* Work request *
In the listing below, the lines starting with the line with "dispatch_agrees ports (λ" and going on through the line with "refl (omega arith)" are to be reproduced exactly, and only those.

....

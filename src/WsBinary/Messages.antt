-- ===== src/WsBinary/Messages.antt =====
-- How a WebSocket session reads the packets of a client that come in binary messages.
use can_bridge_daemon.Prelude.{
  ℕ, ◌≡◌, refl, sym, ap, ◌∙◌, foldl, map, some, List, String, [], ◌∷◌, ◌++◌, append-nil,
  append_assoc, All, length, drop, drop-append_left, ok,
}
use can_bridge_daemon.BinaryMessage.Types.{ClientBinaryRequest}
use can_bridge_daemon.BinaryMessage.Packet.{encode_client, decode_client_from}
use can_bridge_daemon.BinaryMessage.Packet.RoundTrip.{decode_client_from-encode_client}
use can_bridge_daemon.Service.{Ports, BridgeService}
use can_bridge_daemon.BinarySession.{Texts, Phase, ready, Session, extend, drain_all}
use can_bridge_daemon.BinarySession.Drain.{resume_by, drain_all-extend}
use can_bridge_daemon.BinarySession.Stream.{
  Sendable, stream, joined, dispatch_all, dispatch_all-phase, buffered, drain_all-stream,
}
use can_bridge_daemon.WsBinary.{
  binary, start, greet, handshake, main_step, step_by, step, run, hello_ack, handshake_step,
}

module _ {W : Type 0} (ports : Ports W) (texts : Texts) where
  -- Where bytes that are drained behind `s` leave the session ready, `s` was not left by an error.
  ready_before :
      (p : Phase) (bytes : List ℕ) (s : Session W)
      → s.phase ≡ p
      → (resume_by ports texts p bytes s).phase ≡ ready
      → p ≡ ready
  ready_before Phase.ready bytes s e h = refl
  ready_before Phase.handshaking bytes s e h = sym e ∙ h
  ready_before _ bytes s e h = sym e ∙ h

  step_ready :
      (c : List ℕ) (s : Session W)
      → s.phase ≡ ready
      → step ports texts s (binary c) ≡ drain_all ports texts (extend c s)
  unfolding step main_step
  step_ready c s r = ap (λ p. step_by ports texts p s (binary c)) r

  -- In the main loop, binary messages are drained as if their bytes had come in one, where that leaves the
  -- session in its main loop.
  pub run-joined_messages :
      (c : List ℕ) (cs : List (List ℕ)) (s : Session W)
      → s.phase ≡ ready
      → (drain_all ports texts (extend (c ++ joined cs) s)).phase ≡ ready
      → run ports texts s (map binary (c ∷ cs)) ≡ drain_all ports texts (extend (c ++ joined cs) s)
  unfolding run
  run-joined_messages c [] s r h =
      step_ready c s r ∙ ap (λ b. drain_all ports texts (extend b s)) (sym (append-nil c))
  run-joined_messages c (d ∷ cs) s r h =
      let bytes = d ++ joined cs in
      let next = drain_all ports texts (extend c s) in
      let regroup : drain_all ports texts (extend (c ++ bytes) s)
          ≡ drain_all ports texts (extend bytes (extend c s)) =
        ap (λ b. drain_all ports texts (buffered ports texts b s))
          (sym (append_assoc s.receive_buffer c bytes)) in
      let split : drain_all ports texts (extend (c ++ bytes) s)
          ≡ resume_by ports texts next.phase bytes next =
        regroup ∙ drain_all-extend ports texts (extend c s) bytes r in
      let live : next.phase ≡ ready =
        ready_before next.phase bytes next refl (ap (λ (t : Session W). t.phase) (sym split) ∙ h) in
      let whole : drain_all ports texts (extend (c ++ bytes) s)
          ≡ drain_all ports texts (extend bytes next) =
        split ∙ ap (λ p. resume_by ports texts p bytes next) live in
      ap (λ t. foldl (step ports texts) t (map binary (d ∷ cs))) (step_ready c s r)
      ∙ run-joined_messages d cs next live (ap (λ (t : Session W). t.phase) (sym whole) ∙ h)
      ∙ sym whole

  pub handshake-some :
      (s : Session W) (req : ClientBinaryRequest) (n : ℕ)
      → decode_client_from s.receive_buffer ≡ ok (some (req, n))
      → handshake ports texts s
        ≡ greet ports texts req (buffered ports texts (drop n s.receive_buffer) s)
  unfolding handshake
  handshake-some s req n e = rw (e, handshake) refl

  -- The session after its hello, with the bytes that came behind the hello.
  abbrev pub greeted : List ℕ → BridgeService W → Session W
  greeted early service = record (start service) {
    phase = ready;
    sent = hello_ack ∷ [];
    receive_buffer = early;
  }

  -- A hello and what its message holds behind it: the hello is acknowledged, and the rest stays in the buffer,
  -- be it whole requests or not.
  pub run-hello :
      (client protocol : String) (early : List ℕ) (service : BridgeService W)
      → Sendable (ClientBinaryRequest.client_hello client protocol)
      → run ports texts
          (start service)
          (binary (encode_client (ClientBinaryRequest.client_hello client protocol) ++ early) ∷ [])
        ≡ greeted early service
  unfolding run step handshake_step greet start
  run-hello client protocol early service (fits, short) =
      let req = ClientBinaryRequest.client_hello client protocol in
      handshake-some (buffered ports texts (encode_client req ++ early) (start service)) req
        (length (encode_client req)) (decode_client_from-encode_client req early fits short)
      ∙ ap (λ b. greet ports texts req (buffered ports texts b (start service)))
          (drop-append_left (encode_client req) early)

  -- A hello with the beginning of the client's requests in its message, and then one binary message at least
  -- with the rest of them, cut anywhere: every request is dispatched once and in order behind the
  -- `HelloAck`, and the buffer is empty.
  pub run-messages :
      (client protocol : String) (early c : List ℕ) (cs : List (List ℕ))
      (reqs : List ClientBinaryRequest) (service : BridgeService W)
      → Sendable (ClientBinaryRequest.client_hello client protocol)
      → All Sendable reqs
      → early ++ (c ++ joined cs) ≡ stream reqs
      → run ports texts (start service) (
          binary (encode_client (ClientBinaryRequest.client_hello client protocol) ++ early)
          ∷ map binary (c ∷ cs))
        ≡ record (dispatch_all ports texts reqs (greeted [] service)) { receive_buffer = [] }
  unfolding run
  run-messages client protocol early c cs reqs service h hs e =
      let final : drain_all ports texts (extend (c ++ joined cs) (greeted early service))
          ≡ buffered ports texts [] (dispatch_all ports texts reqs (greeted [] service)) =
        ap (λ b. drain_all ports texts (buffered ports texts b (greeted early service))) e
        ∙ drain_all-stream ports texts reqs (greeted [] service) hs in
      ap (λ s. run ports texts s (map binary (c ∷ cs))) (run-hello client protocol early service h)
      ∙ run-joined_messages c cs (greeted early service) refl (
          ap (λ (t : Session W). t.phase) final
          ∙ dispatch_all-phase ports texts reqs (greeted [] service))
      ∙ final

....

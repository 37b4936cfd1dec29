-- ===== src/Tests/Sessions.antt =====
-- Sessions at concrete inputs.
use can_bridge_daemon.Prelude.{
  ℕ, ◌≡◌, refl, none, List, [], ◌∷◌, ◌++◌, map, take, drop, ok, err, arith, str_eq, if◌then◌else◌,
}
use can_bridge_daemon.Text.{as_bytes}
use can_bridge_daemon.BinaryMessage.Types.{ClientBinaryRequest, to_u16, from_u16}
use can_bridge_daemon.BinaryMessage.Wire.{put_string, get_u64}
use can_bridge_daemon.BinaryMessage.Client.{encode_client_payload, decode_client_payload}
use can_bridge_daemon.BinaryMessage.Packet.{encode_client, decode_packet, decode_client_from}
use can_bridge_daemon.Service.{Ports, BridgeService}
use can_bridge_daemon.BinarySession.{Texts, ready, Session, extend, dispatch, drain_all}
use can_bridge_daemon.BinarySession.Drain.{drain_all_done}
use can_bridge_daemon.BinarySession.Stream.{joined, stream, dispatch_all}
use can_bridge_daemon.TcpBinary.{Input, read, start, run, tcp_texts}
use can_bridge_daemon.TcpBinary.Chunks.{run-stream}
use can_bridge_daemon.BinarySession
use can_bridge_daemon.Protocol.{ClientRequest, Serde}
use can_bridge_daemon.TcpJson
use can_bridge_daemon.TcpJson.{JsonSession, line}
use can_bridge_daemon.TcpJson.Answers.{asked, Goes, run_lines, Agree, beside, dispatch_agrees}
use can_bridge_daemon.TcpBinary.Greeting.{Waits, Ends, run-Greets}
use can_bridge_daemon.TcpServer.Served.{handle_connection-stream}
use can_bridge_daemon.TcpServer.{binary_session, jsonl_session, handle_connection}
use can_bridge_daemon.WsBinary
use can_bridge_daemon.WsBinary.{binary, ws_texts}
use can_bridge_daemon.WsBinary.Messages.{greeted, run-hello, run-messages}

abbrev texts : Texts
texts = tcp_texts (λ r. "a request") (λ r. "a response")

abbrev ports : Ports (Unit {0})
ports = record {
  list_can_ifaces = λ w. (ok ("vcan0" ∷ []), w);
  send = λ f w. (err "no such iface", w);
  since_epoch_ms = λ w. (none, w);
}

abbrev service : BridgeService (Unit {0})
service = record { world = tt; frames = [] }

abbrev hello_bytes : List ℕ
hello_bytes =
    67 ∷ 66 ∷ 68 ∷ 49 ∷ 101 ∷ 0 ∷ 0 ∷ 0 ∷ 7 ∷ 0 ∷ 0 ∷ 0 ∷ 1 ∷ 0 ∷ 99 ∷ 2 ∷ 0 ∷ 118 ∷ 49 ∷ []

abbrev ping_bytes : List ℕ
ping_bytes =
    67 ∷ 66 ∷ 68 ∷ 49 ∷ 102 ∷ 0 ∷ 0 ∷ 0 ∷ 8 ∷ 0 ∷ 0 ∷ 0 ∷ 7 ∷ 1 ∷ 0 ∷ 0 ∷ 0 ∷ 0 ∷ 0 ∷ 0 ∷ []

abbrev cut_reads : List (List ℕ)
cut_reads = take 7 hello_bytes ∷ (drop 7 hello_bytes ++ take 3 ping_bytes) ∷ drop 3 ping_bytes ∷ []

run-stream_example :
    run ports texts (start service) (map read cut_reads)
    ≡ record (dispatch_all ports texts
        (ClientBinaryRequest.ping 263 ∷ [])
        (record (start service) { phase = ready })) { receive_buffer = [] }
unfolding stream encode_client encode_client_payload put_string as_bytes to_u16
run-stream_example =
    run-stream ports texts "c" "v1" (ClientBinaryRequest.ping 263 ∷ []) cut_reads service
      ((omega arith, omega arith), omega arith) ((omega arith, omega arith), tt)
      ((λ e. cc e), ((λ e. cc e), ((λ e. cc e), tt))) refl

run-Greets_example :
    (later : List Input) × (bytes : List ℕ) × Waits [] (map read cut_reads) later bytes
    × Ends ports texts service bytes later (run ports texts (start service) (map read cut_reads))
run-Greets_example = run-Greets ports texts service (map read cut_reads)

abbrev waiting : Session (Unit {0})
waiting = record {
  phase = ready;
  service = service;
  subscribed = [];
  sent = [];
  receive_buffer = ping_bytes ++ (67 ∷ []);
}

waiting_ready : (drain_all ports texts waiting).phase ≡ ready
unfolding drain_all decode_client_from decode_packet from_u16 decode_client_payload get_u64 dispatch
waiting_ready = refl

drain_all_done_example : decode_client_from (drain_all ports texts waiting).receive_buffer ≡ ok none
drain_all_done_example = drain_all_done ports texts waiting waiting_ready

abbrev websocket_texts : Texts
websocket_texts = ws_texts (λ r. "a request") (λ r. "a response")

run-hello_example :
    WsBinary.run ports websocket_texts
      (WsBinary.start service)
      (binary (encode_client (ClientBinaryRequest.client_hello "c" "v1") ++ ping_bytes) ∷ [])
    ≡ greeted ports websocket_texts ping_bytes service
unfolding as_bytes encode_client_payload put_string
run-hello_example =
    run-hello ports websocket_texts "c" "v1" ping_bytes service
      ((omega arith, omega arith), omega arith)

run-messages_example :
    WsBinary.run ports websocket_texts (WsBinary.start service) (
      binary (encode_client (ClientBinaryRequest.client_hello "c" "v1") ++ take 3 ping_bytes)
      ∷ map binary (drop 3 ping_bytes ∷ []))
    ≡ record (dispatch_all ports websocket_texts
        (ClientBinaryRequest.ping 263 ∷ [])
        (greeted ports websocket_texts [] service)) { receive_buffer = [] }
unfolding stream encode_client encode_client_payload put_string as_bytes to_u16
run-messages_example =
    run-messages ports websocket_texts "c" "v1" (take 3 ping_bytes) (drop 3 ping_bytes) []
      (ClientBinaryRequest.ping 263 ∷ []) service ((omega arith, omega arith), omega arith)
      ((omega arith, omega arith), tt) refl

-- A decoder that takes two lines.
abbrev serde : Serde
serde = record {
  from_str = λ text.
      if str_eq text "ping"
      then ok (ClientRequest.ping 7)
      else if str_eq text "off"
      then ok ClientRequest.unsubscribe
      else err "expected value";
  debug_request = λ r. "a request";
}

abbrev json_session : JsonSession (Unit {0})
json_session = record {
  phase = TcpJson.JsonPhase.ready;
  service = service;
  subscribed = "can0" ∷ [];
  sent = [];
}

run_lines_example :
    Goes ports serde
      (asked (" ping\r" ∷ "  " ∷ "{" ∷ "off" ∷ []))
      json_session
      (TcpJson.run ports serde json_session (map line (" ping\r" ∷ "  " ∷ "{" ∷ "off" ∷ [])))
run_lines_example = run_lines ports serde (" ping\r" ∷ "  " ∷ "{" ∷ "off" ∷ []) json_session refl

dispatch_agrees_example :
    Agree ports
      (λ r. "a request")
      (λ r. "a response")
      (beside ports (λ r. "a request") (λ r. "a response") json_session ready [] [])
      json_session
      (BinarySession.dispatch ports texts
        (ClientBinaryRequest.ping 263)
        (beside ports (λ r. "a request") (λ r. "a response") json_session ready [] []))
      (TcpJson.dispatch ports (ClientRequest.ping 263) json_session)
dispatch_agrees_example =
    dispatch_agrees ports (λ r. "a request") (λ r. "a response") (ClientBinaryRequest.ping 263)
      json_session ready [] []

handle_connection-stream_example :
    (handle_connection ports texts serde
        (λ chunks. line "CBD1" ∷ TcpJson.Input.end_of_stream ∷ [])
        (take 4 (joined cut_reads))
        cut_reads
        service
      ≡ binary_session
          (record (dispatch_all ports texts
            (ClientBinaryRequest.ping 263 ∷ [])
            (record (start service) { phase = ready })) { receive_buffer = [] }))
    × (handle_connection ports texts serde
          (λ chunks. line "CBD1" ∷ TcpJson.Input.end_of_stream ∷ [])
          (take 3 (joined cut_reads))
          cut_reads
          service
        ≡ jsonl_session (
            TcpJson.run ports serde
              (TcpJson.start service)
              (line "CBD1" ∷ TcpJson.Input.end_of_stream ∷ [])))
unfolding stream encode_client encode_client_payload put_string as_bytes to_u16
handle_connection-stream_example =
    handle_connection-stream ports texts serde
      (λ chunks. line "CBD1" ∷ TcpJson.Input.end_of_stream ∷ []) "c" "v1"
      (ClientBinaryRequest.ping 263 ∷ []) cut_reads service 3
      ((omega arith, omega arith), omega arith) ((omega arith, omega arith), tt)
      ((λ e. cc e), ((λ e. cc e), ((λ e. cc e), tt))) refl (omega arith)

....

* Answer section *
    dispatch_agrees ports (λ r. "a request") (λ r. "a response") (ClientBinaryRequest.ping 263)
      json_session ready [] []

handle_connection-stream_example :
    (handle_connection ports texts serde
        (λ chunks. line "CBD1" ∷ TcpJson.Input.end_of_stream ∷ [])
        (take 4 (joined cut_reads))
        cut_reads
        service
      ≡ binary_session
          (record (dispatch_all ports texts
            (ClientBinaryRequest.ping 263 ∷ [])
            (record (start service) { phase = ready })) { receive_buffer = [] }))
    × (handle_connection ports texts serde
          (λ chunks. line "CBD1" ∷ TcpJson.Input.end_of_stream ∷ [])
          (take 3 (joined cut_reads))
          cut_reads
          service
        ≡ jsonl_session (
            TcpJson.run ports serde
              (TcpJson.start service)
              (line "CBD1" ∷ TcpJson.Input.end_of_stream ∷ [])))
unfolding stream encode_client encode_client_payload put_string as_bytes to_u16
handle_connection-stream_example =
    handle_connection-stream ports texts serde
      (λ chunks. line "CBD1" ∷ TcpJson.Input.end_of_stream ∷ []) "c" "v1"
      (ClientBinaryRequest.ping 263 ∷ []) cut_reads service 3
      ((omega arith, omega arith), omega arith) ((omega arith, omega arith), tt)
      ((λ e. cc e), ((λ e. cc e), ((λ e. cc e), tt))) refl (omega arith)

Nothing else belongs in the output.